The preceding work was afterwards illustrated by Sir Charles Bell, with Engravings of the Arteries, 8vo. published in 1801, in 1806, and again in 1811. This was followed by Engravings of the Brain, in 1802, in which is to be found some Observations on the Communication of the Ventricles of the Brain; and, by Engravings of the Nerves, in 1803; the latter two in quarto.

In 1806, he published Essays on the Anatomy of Expression in Painting, in 4to., in which he points out the importance of a knowledge of anatomy to the artist. He displays the errors into which artists may be betrayed by an exclusive attention to the antique; and he most happily shows how an ambitious display of anatomical knowledge necessarily leads to inaccuracy and caricature. He treats of the skull and form of the head, of the muscles of the face in man and in animals, depicts the several passions by a comparison of these, marks what are peculiar to man, embodies the idea of a living principle in the expression of emotion, and finally treats of the economy of the living body as it relates to expression and character in painting. The work is both elegant and useful, and no painter should be ignorant of its contents. A second edition, with many additions, was put forth in 1824. It is illustrated by his pencil, in such a manner as to demonstrate that had he not chosen another path to eminence, a distinguished place in this captivating art must have been conceded to him. I have reason to know, indeed, that amidst his severer and more arduous duties, his pencil has proved a source of refined and elegant relaxation to himself, and of delight to his friends and domestic circle.
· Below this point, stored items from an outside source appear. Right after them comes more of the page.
-- ===== src/Intent/Models.antt =====
-- The calls of language models of app/intent/generator.py and app/intent/judge.py. The two files
-- have a copy of each call; they differ in what `Caller` has. The HTTP client is a parameter.
pub mod Internal
use Prim.Native.Char.{Char, code}
use Prim.Native.String.{◌++◌}
use bu_iam.Prelude.{
  ℕ, zero, suc, String, Bool, true, false, Option, none, some, List, [], ◌∷◌, ◌==◌, same_code,
  or_else, if◌then◌else◌,
}
use bu_iam.Prelude.Text.{strip}
use bu_iam.Prelude.Result.{Result, ok, err, or_raise, guard, ◌>>=◌, ◌>>◌}
use bu_iam.Json.{Json, null, num, text, arr, obj, Items, nil, cons, Fields, end, field, get, truth}
use bu_iam.Protocol.Errors.{Exception, other, Read}

-- os.getenv, with the defaults of the code; the prompts are files, `none` where they cannot be read
pub record Environment : Type 0 where
  pub generator_provider : String
  pub judge_provider : String
  pub openai_api_key : Option String
  pub openai_base_url : String
  pub openai_model : String
  pub openai_response_format : String
  pub anthropic_api_key : Option String
  pub anthropic_base_url : String
  pub anthropic_model : String
  pub generator_prompt : Option String
  pub judge_prompt : Option String

-- What `client.post`, `raise_for_status` and `response.json()` come to: a value, the text of an
-- `HTTPStatusError` and the body, the text of another `HTTPError`, or another exception.
pub data Reply : Type 0 where
  answered : Json → Reply
  refused : String → String → Reply
  failed : String → Reply
  broken : Exception → Reply

-- the address, the headers and the body
abbrev pub Post : Type 0
Post = String → Fields → Json → Reply

-- The exception of a file, the name of its task, the `max_tokens` of its Anthropic call, and what
-- it makes of an `HTTPError`: the judge lets it pass.
pub record Caller : Type 0 where
  pub fault : String → Exception
  pub task : String
  pub max_tokens : ℕ
  pub unreachable : String → String → Exception

-- text[:n]
unfoldable pub take_text : ℕ → String → String
take_text zero s = ""
take_text (suc n) String.[] = ""
take_text (suc n) (String.◌∷◌ c s) = String.◌∷◌ c (take_text n s)

-- text.rstrip("/")
abbrev pub push_path : Bool → Char → String → String
push_path false c s = String.◌∷◌ c s
push_path true c String.[] = ""
push_path true c (String.◌∷◌ d s) = String.◌∷◌ c (String.◌∷◌ d s)

unfoldable pub rstrip_slash : String → String
rstrip_slash String.[] = ""
rstrip_slash (String.◌∷◌ c s) = push_path (same_code (code c) b'/') c (rstrip_slash s)

abbrev pub failed_text : String → Caller → String
failed_text provider caller = provider ++ (" " ++ (caller.task ++ " request failed: "))

-- the value of a reply, and the `except` clauses
unfoldable pub value_of : Caller → String → Reply → Read Json
unfolding take_text
value_of caller provider (answered v) = ok v
value_of caller provider (refused message body) =
    err (
      caller.fault (failed_text provider caller ++ (message ++ ("; body=" ++ take_text 1000 body))))
value_of caller provider (failed message) =
    err (caller.unreachable (failed_text provider caller) message)
value_of caller provider (broken x) = err x

-- value[key], on a dict
unfoldable pub item : String → Json → Read Json
unfolding get
item key (obj fs) = or_raise (get key fs) (other "KeyError")
item key v = err (other "TypeError")

-- value[0]; a dict of `json.loads` has no key 0
unfoldable pub first_item : Json → Read Json
first_item (arr nil) = err (other "IndexError")
first_item (arr (cons v vs)) = ok v
first_item (text String.[]) = err (other "IndexError")
first_item (text (String.◌∷◌ c s)) = ok (text (String.◌∷◌ c String.[]))
first_item (obj fs) = err (other "KeyError")
first_item v = err (other "TypeError")

abbrev pub message_json : String → String → Json
message_json role content = obj (field "role" (text role) (field "content" (text content) end))

abbrev pub openai_body : Environment → String → String → String → Json
unfolding strip
openai_body env system_prompt user_payload model = obj (
    field "model" (text model) (
      field "messages"
        (arr (
          cons (message_json "system" system_prompt) (cons (message_json "user" user_payload) nil)))
        (if strip env.openai_response_format == ""
          then end
          else field "response_format"
              (obj (field "type" (text (strip env.openai_response_format)) end)) end)))

-- the key is set and not empty
unfoldable pub need_key : Caller → String → Option String → Read String
need_key caller name none = err (caller.fault (name ++ " is not configured"))
need_key caller name (some key) =
    if key == "" then err (caller.fault (name ++ " is not configured")) else ok key

unfoldable pub openai_text : Json → Read Json
unfolding item first_item
openai_text v = do
  choices ← item "choices" v
  choice ← first_item choices
  message ← item "message" choice
  item "content" message

unfoldable pub call_openai : Caller → Environment → Post → String → String → String → Read Json
unfolding need_key rstrip_slash value_of openai_text
call_openai caller env post system_prompt user_payload model = do
  key ← need_key caller "OPENAI_API_KEY" env.openai_api_key
  v ← value_of caller "OpenAI-compatible" (
      post (rstrip_slash env.openai_base_url ++ "/chat/completions")
        (field "Authorization" (text ("Bearer " ++ key)) end)
        (openai_body env system_prompt user_payload model))
  openai_text v

-- the text of a block before those of the rest, which `join` reads first
unfoldable pub join_block : Option Json → Read String → Read String
join_block none rest = rest
join_block (some (text t)) rest = do r ← rest; ok (t ++ r)
join_block (some v) rest = do r ← rest; err (other "TypeError")

-- "".join(block.get("text", "") for block in content)
unfoldable pub join_blocks : Items → Read String
unfolding get join_block
join_blocks nil = ok ""
join_blocks (cons (obj block) blocks) = join_block (get "text" block) (join_blocks blocks)
join_blocks (cons v blocks) = err (other "AttributeError")

unfoldable pub joined : Json → Read Json
unfolding join_blocks
joined (arr blocks) = do t ← join_blocks blocks; ok (text t)
joined (text String.[]) = ok (text "")
joined (text (String.◌∷◌ c s)) = err (other "AttributeError")
joined (obj end) = ok (text "")
joined (obj (field k v fs)) = err (other "AttributeError")
joined v = err (other "TypeError")

abbrev pub anthropic_body : Caller → String → String → String → Json
anthropic_body caller system_prompt user_payload model = obj (
    field "model" (text model) (
      field "max_tokens" (num caller.max_tokens) (
        field "system" (text system_prompt)
          (field "messages" (arr (cons (message_json "user" user_payload) nil)) end))))

unfoldable pub call_anthropic : Caller → Environment → Post → String → String → String → Read Json
unfolding need_key rstrip_slash value_of item joined
call_anthropic caller env post system_prompt user_payload model = do
  key ← need_key caller "ANTHROPIC_API_KEY" env.anthropic_api_key
  v ← value_of caller "Anthropic" (
      post (rstrip_slash env.anthropic_base_url ++ "/messages")
        (field "x-api-key" (text key) (field "anthropic-version" (text "2023-06-01") end))
        (anthropic_body caller system_prompt user_payload model))
  content ← item "content" v
  joined content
His next work was, A System of Operative Surgery, founded on the basis of Anatomy, in 2 vols. 8vo., of which the first edition was published in the year 1807, and to a future edition of which he added the Appendix on Gun-shot Wounds, before adverted to. This work is, indeed, what it professes to be, "a calm and disinterested view of the surgery of the present day, clearly set forth and deduced from actual observation, and grounded on correct knowledge of anatomy." It is a concise system of practical surgery. The author professes it to be original, not collected from his library, or by reference to books, but the result of actual observation. He estimates fairly the great benefits he had enjoyed to enable him to perform such a task; and he most delightfully acknowledges the strictness and severity with which his anatomical education had been conducted by his eminent brother. He describes no operation in these volumes that he had not performed— "from bleeding in the arm, to lithotomy with the knife alone; from tying the umbilical chord, to the operation of the Cæsarean section."
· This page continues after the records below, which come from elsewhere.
-- ===== src/Intent/Generator.antt =====
-- app/intent/generator.py: `generate_intent_commitment`.
use Prim.Native.String.{◌++◌}
use bu_iam.Prelude.{String, Bool, ◌||◌, Option, none, some, List, [], ◌∷◌, ◌==◌, if◌then◌else◌}
use bu_iam.Prelude.Sets.{sorted}
use bu_iam.Prelude.Text.{strip}
use bu_iam.Prelude.Result.{ok, err, or_raise, ◌>>=◌}
use bu_iam.Json.{
  Json, text, arr, obj, Items, nil, cons, Fields, end, field, get, texts, texts_items,
}
use bu_iam.Libs.{Libs, str}
use bu_iam.Protocol.{ActorType, actor_type_text, IntentCommitment}
use bu_iam.Protocol.Errors.{generation_error, other, Read}
use bu_iam.Intent.Answer.{answer_fields}
use bu_iam.Intent.Models.{Environment, Post, Caller, take_text, call_openai, call_anthropic}

-- The arguments of `generate_intent_commitment`.
pub record Generate : Type 0 where
  pub user_task : String
  pub actor_id : String
  pub actor_type : ActorType
  pub target_agent_id : String
  pub task_type : String
  pub payload : Fields

pub record GeneratedIntent : Type 0 where
  pub commitment : IntentCommitment
  pub model : String
  pub provider : String

abbrev pub Generator : Type 0
Generator = Generate → Read GeneratedIntent

abbrev pub generator_caller : Caller
generator_caller = record {
  fault = generation_error;
  task = "intent generation";
  max_tokens = 500;
  unreachable = λ what message. generation_error (what ++ message);
}

unfoldable pub field_names : Fields → List String
field_names end = []
field_names (field k v fs) = k ∷ field_names fs

-- {key: str(value)[:200] for key, value in payload.items()}
unfoldable pub summarize_payload : Libs → Fields → Fields
unfolding take_text
summarize_payload lib end = end
summarize_payload lib (field k v fs) =
    field k (text (take_text 200 (str lib v))) (summarize_payload lib fs)

abbrev pub request_json : Libs → Generate → Json
unfolding summarize_payload
request_json lib g = obj (
    field "user_task" (text g.user_task) (
      field "actor_id" (text g.actor_id) (
        field "actor_type" (text (actor_type_text g.actor_type)) (
          field "target_agent_id" (text g.target_agent_id) (
            field "task_type" (text g.task_type)
              (field "payload_summary" (obj (summarize_payload lib g.payload)) end))))))

-- the answer of the demo provider
unfoldable pub mock_json : Generate → Json
unfolding texts_items field_names sorted
mock_json g = obj (
    field "intent"
      (text (
        g.actor_id
        ++ (" requests "
            ++ (g.target_agent_id ++ (" to run " ++ (g.task_type ++ (": " ++ g.user_task)))))))
      (field "description" (text "Deterministic demo intent commitment.") (
        field "data_refs" (texts (sorted (field_names g.payload))) (
          field "constraints"
            (texts ("demo intent provider" ∷ "preserve delegated capability boundary" ∷ [])) end))))

-- [str(item) for item in value]
unfoldable pub item_texts : Libs → Items → List String
item_texts lib nil = []
item_texts lib (cons v vs) = str lib v ∷ item_texts lib vs

unfoldable pub letters : String → List String
letters String.[] = []
letters (String.◌∷◌ c s) = String.◌∷◌ c String.[] ∷ letters s

-- of what the key holds, or of the empty list
unfoldable pub texts_of : Libs → Option Json → Read (List String)
unfolding item_texts letters field_names
texts_of lib none = ok []
texts_of lib (some (arr vs)) = ok (item_texts lib vs)
texts_of lib (some (text t)) = ok (letters t)
texts_of lib (some (obj fs)) = ok (field_names fs)
texts_of lib (some v) = err (other "TypeError")

-- str(payload.get(key, ""))
unfoldable pub text_or_empty : Libs → Option Json → String
text_or_empty lib none = ""
text_or_empty lib (some v) = str lib v

unfoldable pub commitment_of : Libs → Fields → Read IntentCommitment
unfolding get strip texts_of text_or_empty
commitment_of lib fields =
    let intent = strip (text_or_empty lib (get "intent" fields)) in
    if intent == "" then err (generation_error "intent generator returned empty intent") else do
      data_refs ← texts_of lib (get "data_refs" fields)
      constraints ← texts_of lib (get "constraints" fields)
      ok (record {
        intent = intent;
        description = text_or_empty lib (get "description" fields);
        data_refs = data_refs;
        constraints = constraints;
      })

unfoldable pub parse_intent_response : Libs → Json → Read IntentCommitment
unfolding answer_fields commitment_of
parse_intent_response lib raw = do
  fields ← answer_fields lib (generation_error "intent generator returned non-json output") raw
  commitment_of lib fields

abbrev pub is_demo : String → Bool
is_demo provider = provider == "mock" || provider == "demo"

-- the model and its answer
unfoldable pub generated_by : Libs → Environment → Post → Generate → Read (String × Json)
unfolding mock_json call_openai call_anthropic
generated_by lib env post g =
    if is_demo env.generator_provider
    then ok ("mock-intent-generator", text (lib.dumps_plain (mock_json g)))
    else if env.generator_provider == "anthropic"
    then (do
      prompt ← or_raise env.generator_prompt (other "OSError")
      raw ←
          call_anthropic generator_caller env post prompt (lib.dumps_plain (request_json lib g))
            env.anthropic_model
      ok (env.anthropic_model, raw))
    else if env.generator_provider == "openai"
    then (do
      prompt ← or_raise env.generator_prompt (other "OSError")
      raw ←
          call_openai generator_caller env post prompt (lib.dumps_plain (request_json lib g))
            env.openai_model
      ok (env.openai_model, raw))
    else err
        (generation_error ("unsupported intent generator provider: " ++ env.generator_provider))

unfoldable pub generate_intent_commitment : Libs → Environment → Post → Generator
unfolding generated_by parse_intent_response
generate_intent_commitment lib env post g = do
  answer ← generated_by lib env post g
  commitment ← parse_intent_response lib answer.1
  ok (record { commitment = commitment; model = answer.0; provider = env.generator_provider })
In 1810, he published Letters concerning the Diseases of the Urethra. These relate entirely to stricture, of which he points out the varieties, and the practical conclusions to be drawn from such distinctions. In this work, Sir Charles questions the soundness of the theories of Sir Everard Home as to the cause of stricture in connection with a muscular structure of the urethra, and exposes the abuse of caustic in the treatment of the disease.